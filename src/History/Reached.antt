-- ===== src/History/Reached.antt =====
-- The runtimes that a run reaches: what may happen after a document is opened, and what stays true
-- (domain/file/storage/storage.rs).
use thaum_painter.Base.{
  ◌-◌, Bool, true, false, Option, none, some, List, [], ◌∷◌, map, length, leb, arith, inl, inr,
  Bool-cases, Option-cases,
}
use thaum_painter.Base.Text.{Text, text_Eq}
use thaum_painter.Base.Map.{get}
use thaum_painter.Cell.{Renderer}
use thaum_painter.Document.{SharedDocumentLayer as Layer, SharedDocumentRuntime as Runtime}
use thaum_painter.History.{
  SharedCellPatch, SharedDocumentAction, cell_patch_set, structure_set, undo, redo, DocumentWindow,
  SharedDocumentActionRecord as Record, AppliedCellPatches, HistoryRuntime, stack, with_stack,
}
use thaum_painter.History.Apply.{
  apply_action_record, apply_action, apply_patch_set, apply_structure_set, enter_layers,
  push_history_record,
}
use thaum_painter.History.Painted.{patch_target, paint}
use thaum_painter.History.Opened.{open_layers, new, normalized_layer}
use thaum_painter.History.Undo.{undo_top_action, redo_top_action, stage_canvas_patches}
use thaum_painter.History.Fold.{fold_history, undo_history_depth}
use thaum_painter.History.Recorded.{
  Recorded, mem-filter_stack, written, record_stroke-Recorded, move_reverted-Recorded,
}
use thaum_painter.History.Runs.{
  undo_record-Recorded, redo_record-Recorded, undo_top_action_as, redo_top_action_as,
}

-- What happens to an open document: records applied and logged, strokes staged, undo, redo, folds,
-- and edits of the layers and canvases.
pub data HistoryStep {R : Renderer} {Value : Type 0}
    : HistoryRuntime R Value → HistoryRuntime R Value → Type 0 where
  applied :
      (r : HistoryRuntime R Value) (entry : Record Value)
      → HistoryStep r (apply_action_record r entry)
  logged :
      (r : HistoryRuntime R Value) (entry : Record Value)
      → HistoryStep r (push_history_record r entry)
  staged :
      (r : HistoryRuntime R Value) (l b : Text) (patches : List SharedCellPatch)
      → HistoryStep r (stage_canvas_patches r l b patches)
  undone : (r : HistoryRuntime R Value) (l : Text) → HistoryStep r (undo_top_action r l).0
  redone : (r : HistoryRuntime R Value) (l : Text) → HistoryStep r (redo_top_action r l).0
  folded : (r : HistoryRuntime R Value) → HistoryStep r (fold_history r)
  edited :
      (r : HistoryRuntime R Value) (document : Runtime R Value)
      → HistoryStep r (record r { document = document })

-- Zero or more of them.
pub data HistoryRun {R : Renderer} {Value : Type 0} (start : HistoryRuntime R Value)
    : HistoryRuntime R Value → Type 0 where
  here : HistoryRun start start
  next : {r s : HistoryRuntime R Value} → HistoryRun start r → HistoryStep r s → HistoryRun start s

module _ {R : Renderer} {Value : Type 0} where
  enter_layers-Recorded :
      (ls : List Text) (r : HistoryRuntime R Value) → Recorded r → Recorded (enter_layers ls r)
  unfolding enter_layers with_stack
  enter_layers-Recorded [] r known = known
  enter_layers-Recorded (l ∷ ls) r known =
      let ap = r.applied_action_ids_by_layer in
      let un = r.undone_action_ids_by_layer in
      enter_layers-Recorded ls _
        (written ap un l r.patches_by_action_id (stack l ap) (stack l un) known (λ id h. h))

  apply_structure_set-Recorded :
      (r : HistoryRuntime R Value) (layers : List (Layer Value)) (window : DocumentWindow)
      → Recorded r
      → Recorded (apply_structure_set r layers window)
  unfolding apply_structure_set
  apply_structure_set-Recorded r layers window known =
      let ls : List Text = map (λ (layer : Layer Value). layer.layer_id) layers in
      enter_layers-Recorded ls _ (λ id held. known id (
        held.0,
        elim held.1 [
          | inl k ↦ inl (mem-filter_stack id ls held.0 r.applied_action_ids_by_layer k)
          | inr k ↦ inr (mem-filter_stack id ls held.0 r.undone_action_ids_by_layer k)
        ],
      ))

  apply_patch_set-Recorded :
      (r : HistoryRuntime R Value) (l a : Text) (target : AppliedCellPatches) (passive : Bool)
      (reverts : Option Text)
      → Recorded r
      → Recorded (apply_patch_set r l a target passive reverts)
  unfolding apply_patch_set paint
  apply_patch_set-Recorded r l a target false reverts known =
      record_stroke-Recorded (paint r target.layer_id target.block_id target.patches) l a target
        known
  apply_patch_set-Recorded r l a target true none known = known
  apply_patch_set-Recorded r l a target true (some reverted) known =
      move_reverted-Recorded (paint r target.layer_id target.block_id target.patches) l reverted
        known

  apply_action-Recorded :
      (r : HistoryRuntime R Value) (l a : Text) (action : SharedDocumentAction Value)
      → Recorded r
      → Recorded (apply_action r l a action)
  unfolding apply_action
  apply_action-Recorded r l a (cell_patch_set [] block_id passive reverts) known = known
  apply_action-Recorded r l a (cell_patch_set (patch ∷ patches) block_id passive reverts) known =
      elim (Option-cases (patch_target r.document l block_id)) [
        | inl e ↦ rw (apply_action, e) known
        | inr e ↦
            rw (apply_action, e.1)
              (apply_patch_set-Recorded r l a
                (record { layer_id = (e.0).0; block_id = (e.0).1; patches = patch ∷ patches })
                passive reverts known)
      ]
  apply_action-Recorded r l a undo known = undo_record-Recorded r l known
  apply_action-Recorded r l a redo known = redo_record-Recorded r l known
  apply_action-Recorded r l a (structure_set layers window) known =
      apply_structure_set-Recorded r layers window known

  open_layers-Recorded :
      (layers : List (Layer Value)) (r : HistoryRuntime R Value)
      → Recorded r
      → Recorded (open_layers layers r)
  unfolding open_layers
  open_layers-Recorded [] r known = known
  open_layers-Recorded (layer ∷ layers) r known = open_layers-Recorded layers _ (
      written r.applied_action_ids_by_layer r.undone_action_ids_by_layer layer.layer_id
        r.patches_by_action_id [] [] known (λ id h. ground (arith, h)))

module _ (R : Renderer) {Value : Type 0} where
  new-Recorded :
      (document_id : Text) (layers : List (Layer Value)) (window : DocumentWindow)
      → Recorded (new {R = R} document_id layers window)
  unfolding new stack get
  new-Recorded document_id layers window =
      open_layers-Recorded (map normalized_layer layers) _
        (λ id held. elim held.1 [ inl k ↦ absurd k | inr k ↦ absurd k ])

module _ {R : Renderer} {Value : Type 0} where
  fold_history-Recorded : (r : HistoryRuntime R Value) → Recorded r → Recorded (fold_history r)
  unfolding fold_history
  fold_history-Recorded r known =
      elim (Bool-cases (leb (length r.actions - r.squashed_through) undo_history_depth)) [
        | inl e ↦ rw (fold_history, e) known
        | inr e ↦ rw (fold_history, e) known
      ]

  HistoryStep-Recorded : {r s : HistoryRuntime R Value} → HistoryStep r s → Recorded r → Recorded s
  unfolding apply_action_record push_history_record stage_canvas_patches paint
  HistoryStep-Recorded (applied r entry) known =
      apply_action-Recorded r entry.layer_id entry.action_id entry.action known
  HistoryStep-Recorded (logged r entry) known = known
  HistoryStep-Recorded (staged r l b []) known = known
  HistoryStep-Recorded (staged r l b (patch ∷ patches)) known = known
  HistoryStep-Recorded (undone r l) known = elim (undo_top_action_as r l) [
    | inl e ↦ rw e known
    | inr e ↦ rw e (undo_record-Recorded r l known)
  ]
  HistoryStep-Recorded (redone r l) known = elim (redo_top_action_as r l) [
    | inl e ↦ rw e known
    | inr e ↦ rw e (redo_record-Recorded r l known)
  ]
  HistoryStep-Recorded (folded r) known = fold_history-Recorded r known
  HistoryStep-Recorded (edited r document) known = known

  -- In every runtime that a run from a freshly opened document reaches, each action on a stack of undo
  -- or redo of any layer has its patches recorded.
  pub HistoryRun-Recorded :
      (document_id : Text) (layers : List (Layer Value)) (window : DocumentWindow)
      (s : HistoryRuntime R Value)
      → HistoryRun (new document_id layers window) s
      → Recorded s
  HistoryRun-Recorded document_id layers window _ here = new-Recorded R document_id layers window
  HistoryRun-Recorded document_id layers window s (next {r} run step) =
      HistoryStep-Recorded step (HistoryRun-Recorded document_id layers window r run)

==============================

**INSTRUCTIONS TO FOLLOW:**
Give the number of lines in the listing above that hold the string "data", with nothing else.

**WRITTEN SOLUTION:**
2